What I suspect was meant is citizen(s) of the specific city. Rather than citizen(s) in the modern sense (i.e. the citizen of nation state). Hence the use of the term “Burgesses” earlier in the article (...two burgesses were elected from each borough...) to refer to representatives/inhabitants from Boroughs.
A Burgher was a freeman of a given borough so a citizen is(?) a freeman of a city. A Burgher had a specific legal status in medieval England. I’m not so familiar with the use of the word “citizen” for this period in history but suspect that it was of similar status*.
Each individual borough (and city) had rights and privileges specific to it, detailed in its own charter and customs. For instance medieval London had quite a high degree of local government with a mayor, a council of Alderman and a petty council and it’s citizens(!) exhibited quite a lot of political independence.
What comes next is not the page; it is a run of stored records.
-- ===== src/Chain/Generate/Fair.antt =====
-- Whether a block of `generateVerifyingBlock` of src/kernel/blockchain.cpp passes the checks of fees and
-- coinbase in `submitBlock`.
use crypto_kernel.Prelude.{
  ℕ, ◌+◌, ◌%◌, ◌<◌, ◌≡◌, ◌≢◌, refl, sym, ◌∙◌, ap, subst, Bool, true, false, not, ◌&&◌, ◌||◌, List,
  [], ◌∷◌, arith, if◌then◌else◌, ltb, leb, ◌⊎◌, inl, inr,
}
use crypto_kernel.Chain.{Tables, Chain, Rules, calculate_transaction_fee, output_total}
use crypto_kernel.Chain.Generate.{
  Site, Supplies, site, add_fees, assemble, generate_verifying_block,
}
use crypto_kernel.Chain.Submit.{total_fees, check_coinbase}
use crypto_kernel.Chain.Verify.{Verdict, verify_transaction}
use crypto_kernel.Env.{Env}
use crypto_kernel.Mempool
use crypto_kernel.Outcome.{
  Outcome, ok, invalid, not_found, uncaught, undefined, out_of_fuel, returned, ok-injective,
}
use crypto_kernel.Types.{Output, Input, new_output, public_key_name}
use crypto_kernel.Types.Block.{Block, new_block}
use crypto_kernel.Types.Transaction.{Transaction, u64, new_transaction}

module _ (env : Env) (rules : Rules env) (t : Tables env) where
  open env.json use {Json, null, set_member, of_text}

  -- What a loop over all fees has summed up, beside the value that it started from
  abbrev Summed : ℕ → ℕ → List (Transaction env) → Bool × ℕ → Type 0
  Summed reward fees txs r =
      r.0 ≡ true → (f : ℕ) × (total_fees env rules t fees txs ≡ ok f) × (r.1 ≡ (reward + f) % u64)

  next_fee :
      (reward fees fee : ℕ) (tx : Transaction env) (txs : List (Transaction env)) (r : Bool × ℕ)
      → calculate_transaction_fee env t tx ≡ ok fee
      → Summed reward ((fees + fee) % u64) txs r
      → Summed reward fees (tx ∷ txs) r
  unfolding total_fees
  next_fee reward fees fee tx txs r charged summed all =
      let (f, total, value) = summed all in (f, ground (arith, charged, total), value)

  add_fees-next :
      (value fee : ℕ) (tx : Transaction env) (txs : List (Transaction env)) {r : Bool × ℕ}
      → calculate_transaction_fee env t tx ≡ ok fee
      → add_fees env rules t value (tx ∷ txs) ≡ ok r
      → add_fees env rules t ((value + fee) % u64) txs ≡ ok r
  unfolding add_fees
  add_fees-next value fee tx txs charged added = ground (arith, charged, added)

  add_fees-stop :
      (value : ℕ) (tx : Transaction env) (txs : List (Transaction env)) (answer : Outcome ℕ)
      {r : Bool × ℕ}
      → calculate_transaction_fee env t tx ≡ answer
      → ((fee : ℕ) → answer ≢ ok fee)
      → add_fees env rules t value (tx ∷ txs) ≡ ok r
      → (r ≡ (false, value))
  unfolding add_fees
  add_fees-stop value tx txs (ok fee) charged other added = absurd (other fee refl)
  add_fees-stop value tx txs (invalid message) charged other added =
      sym (ok-injective (ground (arith, charged, added)))
  add_fees-stop value tx txs not_found charged other added = absurd (ground (arith, charged, added))
  add_fees-stop value tx txs uncaught charged other added = absurd (ground (arith, charged, added))
  add_fees-stop value tx txs undefined charged other added = absurd (ground (arith, charged, added))
  add_fees-stop value tx txs out_of_fuel charged other added =
      absurd (ground (arith, charged, added))

  returned_cases : (call : Outcome ℕ) → ((n : ℕ) × (call ≡ ok n)) ⊎ ((n : ℕ) → call ≢ ok n)
  returned_cases (ok n) = inl (n, refl)
  returned_cases (invalid message) = inr (λ n same. ground (arith, same))
  returned_cases not_found = inr (λ n same. ground (arith, same))
  returned_cases uncaught = inr (λ n same. ground (arith, same))
  returned_cases undefined = inr (λ n same. ground (arith, same))
  returned_cases out_of_fuel = inr (λ n same. ground (arith, same))

  -- The value stays below 2 ^ 64, and is the reward and all fees if none was refused.
  add_fees-Summed :
      (reward fees value : ℕ) (txs : List (Transaction env)) (r : Bool × ℕ)
      → value ≡ (reward + fees) % u64
      → add_fees env rules t value txs ≡ ok r
      → (r.1 < u64) × Summed reward fees txs r
  unfolding add_fees total_fees
  add_fees-Summed reward fees value [] r same added =
      let is_r : (true, value) ≡ r = ok-injective added in
      subst (λ q. (q.1 < u64) × Summed reward fees [] q) is_r
        (omega arith, λ all. (fees, refl, same))
  add_fees-Summed reward fees value (tx ∷ txs) r same added =
      elim (returned_cases (calculate_transaction_fee env t tx)) [
        | inl (fee, charged) ↦
            let (small, summed) =
              add_fees-Summed reward ((fees + fee) % u64) ((value + fee) % u64) txs r (omega arith)
                (add_fees-next value fee tx txs charged added) in
            (small, next_fee reward fees fee tx txs r charged summed)
        | inr refused ↦
            let is_r = add_fees-stop value tx txs _ refl refused added in
            subst (λ q. (q.1 < u64) × Summed reward fees (tx ∷ txs) q) (sym is_r)
              (omega arith, λ all. absurd (ground (arith, all)))
      ]

  new_output-value :
      (value nonce : ℕ) (content : Json) (out : Output env)
      → new_output env value nonce content ≡ ok out
      → out.value ≡ value
  unfolding new_output
  new_output-value value nonce content out e = ground arith

  new_transaction-outputs :
      (inputs : List (Input env)) (outputs : List (Output env)) (timestamp : ℕ) (coinbase : Bool)
      (tx : Transaction env)
      → new_transaction env inputs outputs timestamp coinbase ≡ ok tx
      → tx.outputs ≡ outputs
  unfolding new_transaction
  new_transaction-outputs inputs outputs timestamp coinbase tx e = ground arith

  new_block-fields :
      (txs : List (Transaction env)) (coinbase : Transaction env) (previous timestamp : ℕ)
      (consensus : Json) (height : ℕ) (content : Json) (block : Block env)
      → new_block env txs coinbase previous timestamp consensus height content ≡ ok block
      → (block.fields.transactions ≡ txs)
        × (new_transaction env coinbase.inputs coinbase.outputs coinbase.timestamp true
            ≡ ok block.fields.coinbase_tx)
  unfolding new_block
  new_block-fields txs coinbase previous timestamp consensus height content block e =
      let (tx, rest, made) =
        returned {result = block}
          (new_transaction env coinbase.inputs coinbase.outputs coinbase.timestamp true) _ e in
      ground (arith, made)

  output_total-one :
      (out : Output env) (value : ℕ)
      → out.value ≡ value
      → output_total env 0 (out ∷ []) ≡ value % u64
  unfolding output_total
  output_total-one out value same = ground (arith, same)

  -- The block has the transactions that it was given, and its coinbase makes the value.
  assemble-fields :
      (consensus_data_for : Tables env → ℕ → Outcome Json) (s : Supplies) (place : Site)
      (txs : List (Transaction env)) (value : ℕ) (block : Block env)
      → assemble env rules consensus_data_for s t place txs value ≡ ok block
      → (block.fields.transactions ≡ txs)
        × (output_total env 0 block.fields.coinbase_tx.outputs ≡ value % u64)
  unfolding assemble
  assemble-fields consensus_data_for s place txs value block e =
      let (out, rest, made) =
        returned {result = block}
          (new_output env value s.nonce (set_member null public_key_name (of_text s.owner))) _ e in
      let (coinbase, last, minted) =
        returned {result = block} (new_transaction env [] (out ∷ []) s.now true) _ rest in
      let (consensus, end, given) =
        returned {result = block}
          (if place.genesis_block then ok null else consensus_data_for t place.previous_block_id) _
          last in
      let (same_txs, again) =
        new_block-fields txs coinbase place.previous_block_id s.now consensus place.height null
          block end in
      let outputs : block.fields.coinbase_tx.outputs ≡ out ∷ [] =
        new_transaction-outputs coinbase.inputs coinbase.outputs coinbase.timestamp true
          block.fields.coinbase_tx again
        ∙ new_transaction-outputs [] (out ∷ []) s.now true coinbase minted in
      (
        same_txs,
        ap (output_total env 0) outputs
            ∙ output_total-one out value (
                new_output-value value s.nonce (set_member null public_key_name (of_text s.owner))
                  out made),
      )

  check_coinbase-eq :
      (block : Block env) (height fees total : ℕ) (verdict : Verdict)
      → total_fees env rules t 0 block.fields.transactions ≡ ok fees
      → verify_transaction env rules t block.fields.coinbase_tx true ≡ ok verdict
      → output_total env 0 block.fields.coinbase_tx.outputs ≡ total
      → check_coinbase env rules block height t
        ≡ ok (verdict.0 && not (ltb ((fees + rules.block_reward height) % u64) total))
  unfolding check_coinbase
  check_coinbase-eq block height fees total verdict charged verified summed =
      ground (arith, charged, verified, summed)

  no_fees :
      (block : Block env)
      → block.fields.transactions ≡ []
      → total_fees env rules t 0 block.fields.transactions ≡ ok 0
  unfolding total_fees
  no_fees block none_left = ap (total_fees env rules t 0) none_left

  -- The checks of the fees and the coinbase in `submitBlock`, of a block that was put together from
  -- what the loop over the fees left
  assembled-check_coinbase :
      (consensus_data_for : Tables env → ℕ → Outcome Json) (s : Supplies) (place : Site)
      (txs : List (Transaction env)) (r : Bool × ℕ) (block : Block env) (verdict : Verdict)
      → rules.block_reward place.height < u64
      → add_fees env rules t (rules.block_reward place.height) txs ≡ ok r
      → assemble env rules consensus_data_for s t place (if r.0 then txs else []) r.1 ≡ ok block
      → verify_transaction env rules t block.fields.coinbase_tx true ≡ ok verdict
      → check_coinbase env rules block place.height t
        ≡ ok (verdict.0 && (r.0 || leb r.1 (rules.block_reward place.height)))
  assembled-check_coinbase consensus_data_for s place txs (true, value) block verdict reward_small
        added made verified =
      let reward = rules.block_reward place.height in
      let (small, summed) = add_fees-Summed reward 0 reward txs (true, value) (omega arith) added in
      let (fees, total, is_value) = summed refl in
      let (same_txs, worth) = assemble-fields consensus_data_for s place txs value block made in
      check_coinbase-eq block place.height fees (value % u64) verdict
        (ap (total_fees env rules t 0) same_txs ∙ total) verified worth
      ∙ ap (λ b. ok (verdict.0 && b)) (ground (arith, is_value))
  assembled-check_coinbase consensus_data_for s place txs (false, value) block verdict reward_small
        added made verified =
      let reward = rules.block_reward place.height in
      let (small, summed) =
        add_fees-Summed reward 0 reward txs (false, value) (omega arith) added in
      let (same_txs, worth) = assemble-fields consensus_data_for s place [] value block made in
      check_coinbase-eq block place.height 0 (value % u64) verdict (no_fees block same_txs) verified
        worth
      ∙ ap (λ b. ok (verdict.0 && b)) (ground (arith, small, reward_small))

module _ (env : Env) (rules : Rules env) where
  open env.json use {Json}

  -- The checks of the fees and the coinbase in `submitBlock`, on the tables and at the height where
  -- `generateVerifyingBlock` made the block. If no fee of a mempool transaction was refused, they pass as
  -- soon as the coinbase verifies. If one was, the block has no transactions, but its coinbase still
  -- makes the reward and the fees counted until then, and the checks pass only if these fees are 0 in 64
  -- bits or make the value wrap around below the reward.
  pub generate_verifying_block-check_coinbase :
      (consensus_data_for : Tables env → ℕ → Outcome Json) (s : Supplies) (chain : Chain env)
      (place : Site) (r : Bool × ℕ) (block : Block env) (verdict : Verdict)
      → site env rules chain.tables ≡ ok place
      → rules.block_reward place.height < u64
      → add_fees env rules chain.tables
          (rules.block_reward place.height)
          (Mempool.get_transactions env chain.unconfirmed)
        ≡ ok r
      → generate_verifying_block env rules consensus_data_for s chain ≡ ok block
      → verify_transaction env rules chain.tables block.fields.coinbase_tx true ≡ ok verdict
      → check_coinbase env rules block place.height chain.tables
        ≡ ok (verdict.0 && (r.0 || leb r.1 (rules.block_reward place.height)))
  unfolding generate_verifying_block
  generate_verifying_block-check_coinbase consensus_data_for s chain place r block verdict located
        small added generated verified =
      assembled-check_coinbase env rules chain.tables consensus_data_for s place
        (Mempool.get_transactions env chain.unconfirmed) r block verdict small added
        (ground (arith, located, added, generated)) verified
While the city of Salisbury was politically under the control of it’s Bishop, until the 17th Centaury. Interestingly the freeman of Salisbury formed a guild (The guild of St George) which elected a Mayor and Alderman and was rival government to that of the Bishop. I believe that this sort of thing quite common in England, which is one of the reasons why some towns/cities have “Guildhalls” and others “Town halls”
Also, a Burgher (or other Freeman) moved from one Borough to another, he would not automatically given the same rights.
  • I’ve come across “Burghers” being used for freeman of London.